Items from a dataset
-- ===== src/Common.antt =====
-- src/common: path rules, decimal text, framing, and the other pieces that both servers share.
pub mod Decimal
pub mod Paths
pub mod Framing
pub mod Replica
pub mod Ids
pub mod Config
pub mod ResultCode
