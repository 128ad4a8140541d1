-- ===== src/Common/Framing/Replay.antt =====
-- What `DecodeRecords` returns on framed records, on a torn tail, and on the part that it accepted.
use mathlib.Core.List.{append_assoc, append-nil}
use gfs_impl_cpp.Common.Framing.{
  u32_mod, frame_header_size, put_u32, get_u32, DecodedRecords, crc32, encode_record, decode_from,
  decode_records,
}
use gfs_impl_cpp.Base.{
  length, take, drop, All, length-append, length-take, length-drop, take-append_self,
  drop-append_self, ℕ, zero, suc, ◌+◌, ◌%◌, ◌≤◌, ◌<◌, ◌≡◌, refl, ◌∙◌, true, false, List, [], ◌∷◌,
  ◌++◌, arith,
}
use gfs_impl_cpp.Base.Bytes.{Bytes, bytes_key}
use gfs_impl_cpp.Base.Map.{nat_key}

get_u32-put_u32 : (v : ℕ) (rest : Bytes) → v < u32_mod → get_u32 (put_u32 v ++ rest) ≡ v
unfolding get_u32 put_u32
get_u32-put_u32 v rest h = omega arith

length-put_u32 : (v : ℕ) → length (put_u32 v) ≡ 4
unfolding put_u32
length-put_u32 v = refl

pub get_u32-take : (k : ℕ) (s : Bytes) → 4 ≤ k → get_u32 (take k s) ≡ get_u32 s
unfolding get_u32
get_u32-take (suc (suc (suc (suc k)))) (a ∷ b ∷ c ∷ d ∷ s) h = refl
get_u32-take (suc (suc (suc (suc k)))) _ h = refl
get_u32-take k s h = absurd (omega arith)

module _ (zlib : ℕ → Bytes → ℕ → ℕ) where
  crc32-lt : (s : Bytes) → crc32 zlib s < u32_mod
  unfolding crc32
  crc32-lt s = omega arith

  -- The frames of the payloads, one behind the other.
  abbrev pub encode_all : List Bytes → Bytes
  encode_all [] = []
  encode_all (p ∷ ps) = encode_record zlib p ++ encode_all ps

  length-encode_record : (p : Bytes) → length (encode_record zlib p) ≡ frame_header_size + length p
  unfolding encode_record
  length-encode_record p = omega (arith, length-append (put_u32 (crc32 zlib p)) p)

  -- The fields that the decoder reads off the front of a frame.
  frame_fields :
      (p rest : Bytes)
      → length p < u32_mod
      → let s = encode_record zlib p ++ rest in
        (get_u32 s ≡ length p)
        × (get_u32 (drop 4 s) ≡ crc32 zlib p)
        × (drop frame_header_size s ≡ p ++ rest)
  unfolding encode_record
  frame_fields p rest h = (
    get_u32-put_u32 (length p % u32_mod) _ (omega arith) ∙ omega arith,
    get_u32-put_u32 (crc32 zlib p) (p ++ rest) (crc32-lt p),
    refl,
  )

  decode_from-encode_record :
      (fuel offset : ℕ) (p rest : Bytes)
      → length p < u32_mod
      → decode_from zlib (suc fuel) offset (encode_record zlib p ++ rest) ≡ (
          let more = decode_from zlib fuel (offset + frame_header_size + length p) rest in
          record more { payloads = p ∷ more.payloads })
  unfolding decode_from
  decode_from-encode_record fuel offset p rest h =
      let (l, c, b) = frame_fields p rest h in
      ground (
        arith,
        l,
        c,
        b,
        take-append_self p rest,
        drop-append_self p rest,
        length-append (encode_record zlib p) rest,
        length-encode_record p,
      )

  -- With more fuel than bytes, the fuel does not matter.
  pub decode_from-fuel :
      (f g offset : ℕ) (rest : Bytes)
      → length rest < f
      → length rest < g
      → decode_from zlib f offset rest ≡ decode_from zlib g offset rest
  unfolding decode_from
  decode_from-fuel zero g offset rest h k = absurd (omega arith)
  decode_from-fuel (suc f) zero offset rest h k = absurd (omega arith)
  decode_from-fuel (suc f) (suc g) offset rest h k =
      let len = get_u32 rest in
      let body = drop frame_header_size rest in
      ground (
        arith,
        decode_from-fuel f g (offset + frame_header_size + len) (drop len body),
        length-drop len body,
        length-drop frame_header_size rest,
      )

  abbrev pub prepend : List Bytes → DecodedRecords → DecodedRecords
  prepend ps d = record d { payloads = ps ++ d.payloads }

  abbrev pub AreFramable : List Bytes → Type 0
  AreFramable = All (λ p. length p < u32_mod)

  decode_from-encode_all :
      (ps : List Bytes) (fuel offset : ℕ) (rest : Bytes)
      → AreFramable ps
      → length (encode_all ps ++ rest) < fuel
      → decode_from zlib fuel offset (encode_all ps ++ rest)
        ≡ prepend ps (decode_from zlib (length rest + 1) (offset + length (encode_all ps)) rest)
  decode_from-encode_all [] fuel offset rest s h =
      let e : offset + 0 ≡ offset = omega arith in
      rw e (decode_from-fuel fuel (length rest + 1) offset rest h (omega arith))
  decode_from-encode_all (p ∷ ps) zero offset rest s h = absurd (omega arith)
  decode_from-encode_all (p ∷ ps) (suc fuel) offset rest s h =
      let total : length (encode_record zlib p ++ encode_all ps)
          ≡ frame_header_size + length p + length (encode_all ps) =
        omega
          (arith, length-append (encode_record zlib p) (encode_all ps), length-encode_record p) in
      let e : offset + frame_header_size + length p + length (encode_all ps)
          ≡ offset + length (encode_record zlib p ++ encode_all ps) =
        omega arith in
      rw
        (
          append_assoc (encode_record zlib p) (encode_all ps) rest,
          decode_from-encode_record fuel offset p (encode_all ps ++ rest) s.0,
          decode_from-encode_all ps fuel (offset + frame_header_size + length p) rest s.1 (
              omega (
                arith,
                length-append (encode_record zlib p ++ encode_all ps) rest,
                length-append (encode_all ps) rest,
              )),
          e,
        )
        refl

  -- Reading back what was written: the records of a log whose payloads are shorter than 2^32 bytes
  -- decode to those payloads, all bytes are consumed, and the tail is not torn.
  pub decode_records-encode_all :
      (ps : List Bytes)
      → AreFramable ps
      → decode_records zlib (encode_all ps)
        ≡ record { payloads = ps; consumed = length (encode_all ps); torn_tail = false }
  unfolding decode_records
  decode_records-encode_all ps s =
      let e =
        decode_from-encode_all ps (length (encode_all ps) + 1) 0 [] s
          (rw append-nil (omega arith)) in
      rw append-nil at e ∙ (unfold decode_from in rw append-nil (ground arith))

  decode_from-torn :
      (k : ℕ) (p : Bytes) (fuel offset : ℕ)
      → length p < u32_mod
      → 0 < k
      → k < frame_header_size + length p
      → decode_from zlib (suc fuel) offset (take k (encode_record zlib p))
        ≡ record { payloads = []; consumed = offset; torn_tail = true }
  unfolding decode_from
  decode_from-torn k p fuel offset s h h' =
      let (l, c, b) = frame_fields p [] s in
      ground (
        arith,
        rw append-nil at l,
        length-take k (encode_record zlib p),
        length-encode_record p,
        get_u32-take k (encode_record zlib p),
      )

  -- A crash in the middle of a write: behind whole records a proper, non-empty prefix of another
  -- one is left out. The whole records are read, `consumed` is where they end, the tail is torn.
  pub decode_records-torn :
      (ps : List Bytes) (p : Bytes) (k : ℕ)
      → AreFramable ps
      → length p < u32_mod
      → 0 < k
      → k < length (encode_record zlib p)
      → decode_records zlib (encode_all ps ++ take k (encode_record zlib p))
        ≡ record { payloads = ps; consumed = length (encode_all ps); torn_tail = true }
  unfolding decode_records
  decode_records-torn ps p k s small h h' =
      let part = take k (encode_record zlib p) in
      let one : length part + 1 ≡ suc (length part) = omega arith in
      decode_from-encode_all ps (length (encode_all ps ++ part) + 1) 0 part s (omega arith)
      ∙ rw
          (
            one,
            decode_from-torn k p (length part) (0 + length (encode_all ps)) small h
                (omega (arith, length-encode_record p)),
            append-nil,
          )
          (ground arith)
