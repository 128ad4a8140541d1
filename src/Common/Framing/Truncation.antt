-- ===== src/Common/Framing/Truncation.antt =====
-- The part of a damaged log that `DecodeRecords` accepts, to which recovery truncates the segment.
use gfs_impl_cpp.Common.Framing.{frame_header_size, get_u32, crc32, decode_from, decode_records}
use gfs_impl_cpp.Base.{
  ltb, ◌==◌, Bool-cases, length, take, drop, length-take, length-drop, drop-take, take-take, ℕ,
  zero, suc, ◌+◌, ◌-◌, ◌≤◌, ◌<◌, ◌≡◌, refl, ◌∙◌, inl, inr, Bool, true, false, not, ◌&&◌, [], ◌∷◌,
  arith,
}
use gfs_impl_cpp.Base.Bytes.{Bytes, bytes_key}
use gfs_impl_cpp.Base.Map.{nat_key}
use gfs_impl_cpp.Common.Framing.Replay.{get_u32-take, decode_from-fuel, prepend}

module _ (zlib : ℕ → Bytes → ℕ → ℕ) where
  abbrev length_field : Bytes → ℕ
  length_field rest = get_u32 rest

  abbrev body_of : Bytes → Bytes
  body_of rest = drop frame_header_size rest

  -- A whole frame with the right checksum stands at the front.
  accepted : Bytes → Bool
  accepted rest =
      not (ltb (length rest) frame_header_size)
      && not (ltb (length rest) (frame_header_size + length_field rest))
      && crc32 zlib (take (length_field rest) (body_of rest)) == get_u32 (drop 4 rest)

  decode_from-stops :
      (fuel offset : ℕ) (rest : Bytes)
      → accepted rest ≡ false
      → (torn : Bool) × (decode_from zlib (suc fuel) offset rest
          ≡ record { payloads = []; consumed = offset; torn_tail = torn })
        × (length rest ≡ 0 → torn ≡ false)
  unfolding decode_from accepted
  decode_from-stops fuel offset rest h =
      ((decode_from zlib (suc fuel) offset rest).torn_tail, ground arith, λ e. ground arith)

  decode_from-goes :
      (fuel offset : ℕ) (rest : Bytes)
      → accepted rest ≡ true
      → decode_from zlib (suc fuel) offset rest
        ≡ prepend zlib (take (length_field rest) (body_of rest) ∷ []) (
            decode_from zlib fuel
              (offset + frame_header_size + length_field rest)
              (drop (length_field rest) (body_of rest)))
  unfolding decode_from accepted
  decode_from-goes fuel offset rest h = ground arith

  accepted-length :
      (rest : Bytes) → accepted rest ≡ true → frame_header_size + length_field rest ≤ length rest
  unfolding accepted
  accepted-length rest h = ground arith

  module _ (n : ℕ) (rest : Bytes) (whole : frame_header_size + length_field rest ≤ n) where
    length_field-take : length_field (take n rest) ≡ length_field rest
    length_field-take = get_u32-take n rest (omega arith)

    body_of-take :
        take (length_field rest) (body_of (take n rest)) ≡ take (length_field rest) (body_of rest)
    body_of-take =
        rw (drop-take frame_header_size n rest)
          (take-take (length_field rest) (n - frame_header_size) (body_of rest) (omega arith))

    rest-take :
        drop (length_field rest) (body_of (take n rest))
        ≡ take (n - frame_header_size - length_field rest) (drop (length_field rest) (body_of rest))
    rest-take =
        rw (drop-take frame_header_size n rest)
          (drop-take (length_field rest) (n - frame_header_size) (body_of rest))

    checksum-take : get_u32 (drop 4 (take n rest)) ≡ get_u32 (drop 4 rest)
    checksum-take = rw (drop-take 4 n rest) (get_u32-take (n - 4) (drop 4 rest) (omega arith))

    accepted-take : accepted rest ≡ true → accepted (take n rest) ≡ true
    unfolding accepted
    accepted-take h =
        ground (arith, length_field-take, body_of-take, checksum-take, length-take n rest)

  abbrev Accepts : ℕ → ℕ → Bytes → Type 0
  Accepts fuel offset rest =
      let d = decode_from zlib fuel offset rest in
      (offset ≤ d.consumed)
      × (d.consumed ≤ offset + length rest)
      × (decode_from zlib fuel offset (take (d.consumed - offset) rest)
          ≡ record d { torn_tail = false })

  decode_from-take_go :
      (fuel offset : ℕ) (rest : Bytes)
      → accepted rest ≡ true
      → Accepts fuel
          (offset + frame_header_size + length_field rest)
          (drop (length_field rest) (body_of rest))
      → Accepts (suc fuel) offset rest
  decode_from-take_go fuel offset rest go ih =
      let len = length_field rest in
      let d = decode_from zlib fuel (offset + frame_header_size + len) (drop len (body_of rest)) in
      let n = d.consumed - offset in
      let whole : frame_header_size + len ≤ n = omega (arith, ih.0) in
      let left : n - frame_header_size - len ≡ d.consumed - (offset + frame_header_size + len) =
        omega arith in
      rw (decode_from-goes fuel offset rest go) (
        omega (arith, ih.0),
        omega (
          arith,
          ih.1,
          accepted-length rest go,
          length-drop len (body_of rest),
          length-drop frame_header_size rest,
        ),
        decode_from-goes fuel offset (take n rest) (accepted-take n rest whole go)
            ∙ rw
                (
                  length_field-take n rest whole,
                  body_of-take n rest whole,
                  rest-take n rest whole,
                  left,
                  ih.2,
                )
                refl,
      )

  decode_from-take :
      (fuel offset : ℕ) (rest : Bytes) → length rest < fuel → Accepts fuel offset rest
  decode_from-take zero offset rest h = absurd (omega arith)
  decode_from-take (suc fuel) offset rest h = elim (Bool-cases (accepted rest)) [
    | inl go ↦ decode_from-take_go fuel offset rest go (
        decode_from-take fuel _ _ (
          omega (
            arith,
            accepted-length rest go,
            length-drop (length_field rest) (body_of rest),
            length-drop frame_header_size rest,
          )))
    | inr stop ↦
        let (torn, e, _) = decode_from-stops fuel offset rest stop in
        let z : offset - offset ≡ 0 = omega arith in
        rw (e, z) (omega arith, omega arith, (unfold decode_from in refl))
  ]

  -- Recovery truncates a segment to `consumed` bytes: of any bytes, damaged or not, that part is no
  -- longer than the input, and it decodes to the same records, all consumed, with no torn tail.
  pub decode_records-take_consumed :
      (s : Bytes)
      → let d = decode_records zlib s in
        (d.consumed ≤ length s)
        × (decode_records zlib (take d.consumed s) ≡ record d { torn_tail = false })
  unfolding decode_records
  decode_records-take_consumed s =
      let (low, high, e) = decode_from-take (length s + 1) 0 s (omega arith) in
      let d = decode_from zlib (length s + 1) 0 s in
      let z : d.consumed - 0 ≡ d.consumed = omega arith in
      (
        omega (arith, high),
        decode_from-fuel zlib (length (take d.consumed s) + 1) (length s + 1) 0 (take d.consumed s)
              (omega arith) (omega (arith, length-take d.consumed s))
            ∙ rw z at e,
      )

**EXERCISE REQUIREMENTS**
From the records above, pull out every line containing the word "Truncation".

**RESPONSE TO THE TASK**
filename src/Common/Framing/Truncation.antt
-- ===== src/Common/Framing/Truncation.antt =====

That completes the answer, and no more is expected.